NHK talked on camera to another official of a resignation proxy company with the ingenious name of Mo Muri (I Just Can’t Anymore…) who defended his work and the young people who solicit their services by saying that the norm in Japan is thought to be lifetime employment, but many graduates now come to see, only weeks into their new jobs, that they aren’t going to be happy there and should leave as soon as possible so as to find a more suitable position. He said he often gets calls from former clients who are now working jobs that they like and who say they are glad they quit when they did. 

According to the labor ministry, in 2021, 32.3 percent of graduates quit their new jobs within three years, 24.5 percent within two years, and 12 percent within the year, thus demonstrating higher “job mobility” than in the past. And that may be a good thing, NHK suggests. A company that advises people on changing jobs told NHK that the main reason for people quitting has always been the same: insufficient pay. After that, the reasons, in order of declining frequency, are: don’t get along with colleagues, a poor environment for nurturing employees, a desire to do different work, and poor working hours. As one expert told NHK, most of these reasons point to the same problem, which is that employers don’t deal with employees in a direct, mutually beneficial manner, and the employee believes they have no choice but to quit, because they think working conditions and work assignments are inflexible. The expert also points out that Japan’s hallowed lifetime employment system has, for all intents and purposes, “collapsed,” even though it is still nominally held up as an ideal. As a result, new workers have come to see that toiling for the same employer forever is less important than maximizing one’s market value as a worker, and that requires broader experience, even if, on the surface, changing jobs for one’s own benefit is frowned upon. 

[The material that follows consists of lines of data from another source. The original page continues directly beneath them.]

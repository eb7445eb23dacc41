-- ===== src/BranchApply/Reported.antt =====
-- What a run of src/branch/apply.ts reports is what its commands did.
use patchlab.Common.{◌≡◌, List, [], ◌∷◌, ◌++◌, Option, none, some, ok, err}
use patchlab.BranchApply.{ApplyConflict, Command, Failure, Repository, Traced}

-- Every one of the commands succeeds where those before it have run.
abbrev pub AllSucceed : Repository → List Command → List Command → Type 0
AllSucceed repository before [] = Unit {0}
AllSucceed repository before (command ∷ commands) =
    (repository.run before command ≡ none) × AllSucceed repository (before ++ command ∷ []) commands

-- The commands of a result with that conflict
pub data HasRun (repository : Repository) : Option ApplyConflict → List Command → Type 0 where
  succeeded : {ran : List Command} → AllSucceed repository [] ran → HasRun repository none ran
  stopped :
      {conflict : ApplyConflict} (before : List Command) (last : Command) (failure : Failure)
      → AllSucceed repository [] before
      → repository.run before last ≡ some failure
      → HasRun repository (some conflict) (before ++ last ∷ [])

abbrev pub IsReported : Repository → Traced → Type 0
IsReported repository (ok result, ran) = HasRun repository result.conflict ran
IsReported repository (err message, ran) = AllSucceed repository [] ran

A professor of labor law points out that the labor shortage in Japan, which covers all industries, will likely continue, thus making it not only easy for workers to change jobs as they see fit, but compelling them to do so. What’s curious about his remarks is that he says it is “perfectly legal” to change jobs, thus implying that many graduates may actually think it is illegal to quit so soon after joining a company. The continued success of the resignation proxy business certainly indicates that new employees definitely think it is improper to quit, even though it is a basic human right to do so. In Japan, the institutionalization of the university recruitment process, not to mention the systemization of job orientation over time—which effectively but probably falsely gives workers the impression that the skills they’ve acquired on the job are peculiar to the corporate culture that cultivated them—has perverted the labor market, at least in comparison to other countries, where people freely change jobs in order to better themselves. That is the prime advantage to workers of a sellers’ market. 

The thing is, even in Japan it has always been common for graduates to leave their new jobs early on. There was even a clever name for it: gogatsu-byo, or “the May affliction,” which describes the wave of resignations of new recruits that occur after the Golden Week holiday, during which these new recruits had the time and leisure to consider their circumstances and find them wanting. The reason the media is covering a similar situation now with such fervor is that the quitting is happening before Golden Week, but it shouldn’t be a cause for panic. It may simply mean that Japan’s labor environment is becoming more normal or, at least, rational.